Waldfeucht - Grünes Licht für Gebühren und Grabfeld

Grünes Licht für Gebühren und Grabfeld

Von: dawin
Letzte Aktualisierung:
13652210.jpg
Stößt an seine räumlichen Grenzen und soll erweitert werden: der Friedhof in Bocket. Foto: Stefan Klassen

Waldfeucht. Alle Jahre wieder. So hatte sich der Ausschuss für Umweltschutz, Naherholung und Landschaftspflege kurz vor Weihnachten mit der Neukalkulation der Abfallgebühren für 2017 zu befassen. Die Bürger wird es freuen, was Bernd Görtz, Leiter des Fachbereichs Ordnung und Soziales, verkündete: „Es gibt keine großartigen Veränderungen.“

Für den Restmüll zahlte der Waldfeuchter bislang 54,82 Euro als Grundgebühr mit Müllgefäß, ab Januar nächsten Jahres etwas weniger, nämlich 53,74 Euro; die Grundgebühr ohne Müllgefäß (bei Entsorgungsgemeinschaften) verringert sich von 46,28 auf 45,22 Euro. Dafür wird sich die Gewichtsgebühr um zwei auf 19 Cent erhöhen. Ein wesentlicher Grund für diese Änderung: Mehrkosten infolge gestiegener Entsorgungsgebühren an den Kreis Heinsberg und mehr Restmüll.

Beim Sperrmüll und Grünschnitt bleibt alles beim Alten: Weiterhin sind zwei Abfuhren bis zu jeweils drei Kubikmeter pro Haushalt in der Grundgebühr enthalten; zusätzliche Karten für Sperrmüll (60 Euro) und Grünschnitt (24 Euro) sind im Rathaus erhältlich. Der Ausschuss gab unisono sein Plazet.
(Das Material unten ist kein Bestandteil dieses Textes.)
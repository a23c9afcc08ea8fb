-- ===== src/Storage.antt =====
-- The tables of backend/storage/database.py that the program reads back. A table is a dict from its unique
-- column to the rest of the row, in the order of its ids; each function is one committed transaction.
-- Times are seconds, as CURRENT_TIMESTAMP has them. `json` and SHA-256 are parameters.
pub mod Laws
pub mod Recipients
mod Tests
use qu_mail.Prelude.{
  ℕ, String, Bool, [], Option, List, ◌∷◌, some, ◌+◌, map, ◌≡◌, true, none, if◌then◌else◌, false,
  str_eq, ltb, ◌++◌, take_text,
}
use Prim.Native.String.{◌++◌ as append_text}
use qu_mail.Dict.{Dict, lookup, insert, erase}
use qu_mail.Result.{Result, ok, err, value_error, runtime_error}
use qu_mail.Crypto.Primitives.{Sha256}

-- A row of `accounts`.
pub record AccountRow : Type 0 where
  pub provider : String
  pub access_token : String
  pub refresh_token : Option String
  pub expires_at : ℕ
  pub connected_at : ℕ

-- A row of `known_recipients`.
pub record RecipientRow : Type 0 where
  pub is_qumail_user : Bool
  pub public_key : Option String
  pub public_key_fingerprint : Option String
  pub supported_levels : String
  pub last_seen : ℕ
  pub created_at : ℕ

-- A row of `drafts`; the lists of addresses are JSON texts.
pub record DraftRow : Type 0 where
  pub to_addrs : String
  pub cc_addrs : String
  pub subject : String
  pub body : String
  pub security_level : ℕ
  pub created_at : ℕ
  pub updated_at : ℕ

-- A row of `settings`.
pub record SettingRow : Type 0 where
  pub value : String
  pub updated_at : ℕ

pub record Database : Type 0 where
  pub accounts : Dict AccountRow
  pub known_recipients : Dict RecipientRow
  pub drafts : Dict DraftRow
  pub settings : Dict SettingRow
  -- the time at which each state was saved
  pub oauth_states : Dict ℕ

-- The tables that `init_database` creates.
abbrev pub empty_database : Database
empty_database = record {
  accounts = [];
  known_recipients = [];
  drafts = [];
  settings = [];
  oauth_states = [];
}

-- `COALESCE(a, b)`
abbrev pub coalesce : Option String → Option String → Option String
coalesce none b = b
coalesce (some a) b = some a

-- `INSERT … ON CONFLICT(key) DO UPDATE SET …`: the update of the row that is there, or a new row.
abbrev pub or_row {ℓ} : {V : Type ℓ} → V → (V → V) → Option V → V
or_row new update none = new
or_row new update (some row) = update row

unfoldable pub upsert {ℓ} : {V : Type ℓ} → String → V → (V → V) → Dict V → Dict V
upsert k new update d = insert k (or_row new update (lookup k d)) d

unfoldable pub store_oauth_tokens :
    ℕ → String → String → Option String → ℕ → String → Database → Database
store_oauth_tokens now email access_token refresh_token expires_in provider db =
    let new : AccountRow = record {
      provider = provider;
      access_token = access_token;
      refresh_token = refresh_token;
      expires_at = now + expires_in;
      connected_at = now;
    } in
    record db {
      accounts =
          upsert email new
            (λ row. record row {
              provider = provider;
              access_token = access_token;
              refresh_token = coalesce refresh_token row.refresh_token;
              expires_at = now + expires_in;
            })
            db.accounts;
    }

-- The dict that `get_oauth_tokens` gives.
pub record Tokens : Type 0 where
  pub email : String
  pub access_token : String
  pub refresh_token : Option String
  pub expires_at : ℕ

abbrev pub tokens_of : String → Option AccountRow → Option Tokens
tokens_of email none = none
tokens_of email (some row) = some (record {
  email = email;
  access_token = row.access_token;
  refresh_token = row.refresh_token;
  expires_at = row.expires_at;
})

unfoldable pub get_oauth_tokens : String → Database → Option Tokens
get_oauth_tokens email db = tokens_of email (lookup email db.accounts)

-- `get_stored_accounts`: the email, the provider and the time of each.
unfoldable pub get_stored_accounts : Database → List (String × String × ℕ)
get_stored_accounts db =
    map (λ (x : String × AccountRow). (x.0, x.1.provider, x.1.connected_at)) db.accounts

-- What `json` does with a value of the type `J`: `json.loads` may raise JSONDecodeError.
pub record Json (J : Type 0) : Type 0 where
  pub dumps : J → String
  pub loads : String → Option J
  pub loads-dumps : (j : J) → loads (dumps j) ≡ some j

-- `public_key` is truthy
abbrev pub fingerprint : (String → String) → Option String → Option String
fingerprint digest none = none
fingerprint digest (some k) =
    if str_eq k "" then none else some (append_text "SHA256:" (take_text 16 (digest k)))

-- `supported_levels or [4]`
abbrev pub levels_or_plain : Option (List ℕ) → List ℕ
levels_or_plain none = 4 ∷ []
levels_or_plain (some []) = 4 ∷ []
levels_or_plain (some (l ∷ ls)) = l ∷ ls

-- The dict that `get_known_recipient` gives.
pub record KnownRecipient : Type 0 where
  pub email : String
  pub is_qumail_user : Bool
  pub public_key : Option String
  pub public_key_fingerprint : Option String
  pub supported_levels : List ℕ
  pub last_seen : ℕ

module _ (json : Json (List ℕ)) where
  -- `digest` is the hexadecimal SHA-256 of a text.
  unfoldable pub store_known_recipient :
      (String → String) → ℕ → String → Option String → Option (List ℕ) → Database → Database
  store_known_recipient digest now email public_key supported_levels db =
      let levels : String = json.dumps (levels_or_plain supported_levels) in
      let new : RecipientRow = record {
        is_qumail_user = true;
        public_key = public_key;
        public_key_fingerprint = fingerprint digest public_key;
        supported_levels = levels;
        last_seen = now;
        created_at = now;
      } in
      record db {
        known_recipients =
            upsert email new
              (λ row. record row {
                is_qumail_user = true;
                public_key = coalesce public_key row.public_key;
                public_key_fingerprint =
                    coalesce (fingerprint digest public_key) row.public_key_fingerprint;
                supported_levels = levels;
                last_seen = now;
              })
              db.known_recipients;
      }

  abbrev pub known : String → RecipientRow → Option (List ℕ) → Result (Option KnownRecipient)
  known email row none = err value_error
  known email row (some levels) = ok (
      some (record {
        email = email;
        is_qumail_user = row.is_qumail_user;
        public_key = row.public_key;
        public_key_fingerprint = row.public_key_fingerprint;
        supported_levels = levels;
        last_seen = row.last_seen;
      }))

  abbrev pub read_recipient : String → Option RecipientRow → Result (Option KnownRecipient)
  read_recipient email none = ok none
  read_recipient email (some row) = known email row (json.loads row.supported_levels)

  unfoldable pub get_known_recipient : String → Database → Result (Option KnownRecipient)
  get_known_recipient email db = read_recipient email (lookup email db.known_recipients)

module _ (json : Json (List String)) where
  unfoldable pub save_email_draft :
      ℕ → String → List String → List String → String → String → ℕ → Database → Database
  save_email_draft now draft_id to cc subject body security_level db =
      let new : DraftRow = record {
        to_addrs = json.dumps to;
        cc_addrs = json.dumps cc;
        subject = subject;
        body = body;
        security_level = security_level;
        created_at = now;
        updated_at = now;
      } in
      record db {
        drafts = upsert draft_id new (λ row. record new { created_at = row.created_at }) db.drafts;
      }

-- A setting is what its text parses to, or the text itself.
pub data Setting (J : Type 0) : Type 0 where
  parsed : J → Setting J
  raw : String → Setting J

module _ {J : Type 0} (json : Json J) where
  abbrev pub setting_of : String → Option J → Setting J
  setting_of s none = raw s
  setting_of s (some j) = parsed j

  abbrev pub read_setting : String → Setting J
  read_setting s = setting_of s (json.loads s)

  unfoldable pub read_settings : Dict SettingRow → Dict (Setting J) → Dict (Setting J)
  read_settings [] found = found
  read_settings ((key, row) ∷ more) found =
      read_settings more (insert key (read_setting row.value) found)

  -- `get_settings`, a dict that is filled row by row
  unfoldable pub get_settings : Database → Dict (Setting J)
  get_settings db = read_settings db.settings []

  unfoldable pub save_setting : ℕ → String → J → Database → Database
  save_setting now key value db =
      let new : SettingRow = record { value = json.dumps value; updated_at = now } in
      record db { settings = upsert key new (λ row. new) db.settings }

-- `save_oauth_state`: a state that is there already violates the primary key.
abbrev pub add_state : ℕ → String → Database → Option ℕ → Result Database
add_state now state db none = ok (record db { oauth_states = insert state now db.oauth_states })
add_state now state db (some t) = err runtime_error

unfoldable pub save_oauth_state : ℕ → String → Database → Result Database
save_oauth_state now state db = add_state now state db (lookup state db.oauth_states)

-- `'-10 minutes'`
abbrev pub ten_minutes : ℕ
ten_minutes = 600

abbrev pub take_state : ℕ → String → Database → Option ℕ → Bool × Database
take_state now state db none = (false, db)
take_state now state db (some created_at) =
    if ltb now (created_at + ten_minutes)
    then (true, record db { oauth_states = erase state db.oauth_states })
    else (false, db)

unfoldable pub get_and_delete_oauth_state : ℕ → String → Database → Bool × Database
get_and_delete_oauth_state now state db = take_state now state db (lookup state db.oauth_states)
Das bisherige Abfallkonzept hat sich nach Angaben von Fachbereichsleiter Görtz bewährt. Da jedoch der Entsorgungsvertrag mit dem aktuellen Entsorgungsunternehmen Ende 2017 ausläuft und für 2018 die Müllabfuhr in der Gemeinde Waldfeucht neu ausgeschrieben wird, ist das Abfallkonzept 2018 Thema in den Ratsgremien. Vor allem, so fordert es neuerdings der Gesetzgeber, soll die Biotonne, das heißt die separate Entsorgung von Biomüll, Berücksichtigung finden.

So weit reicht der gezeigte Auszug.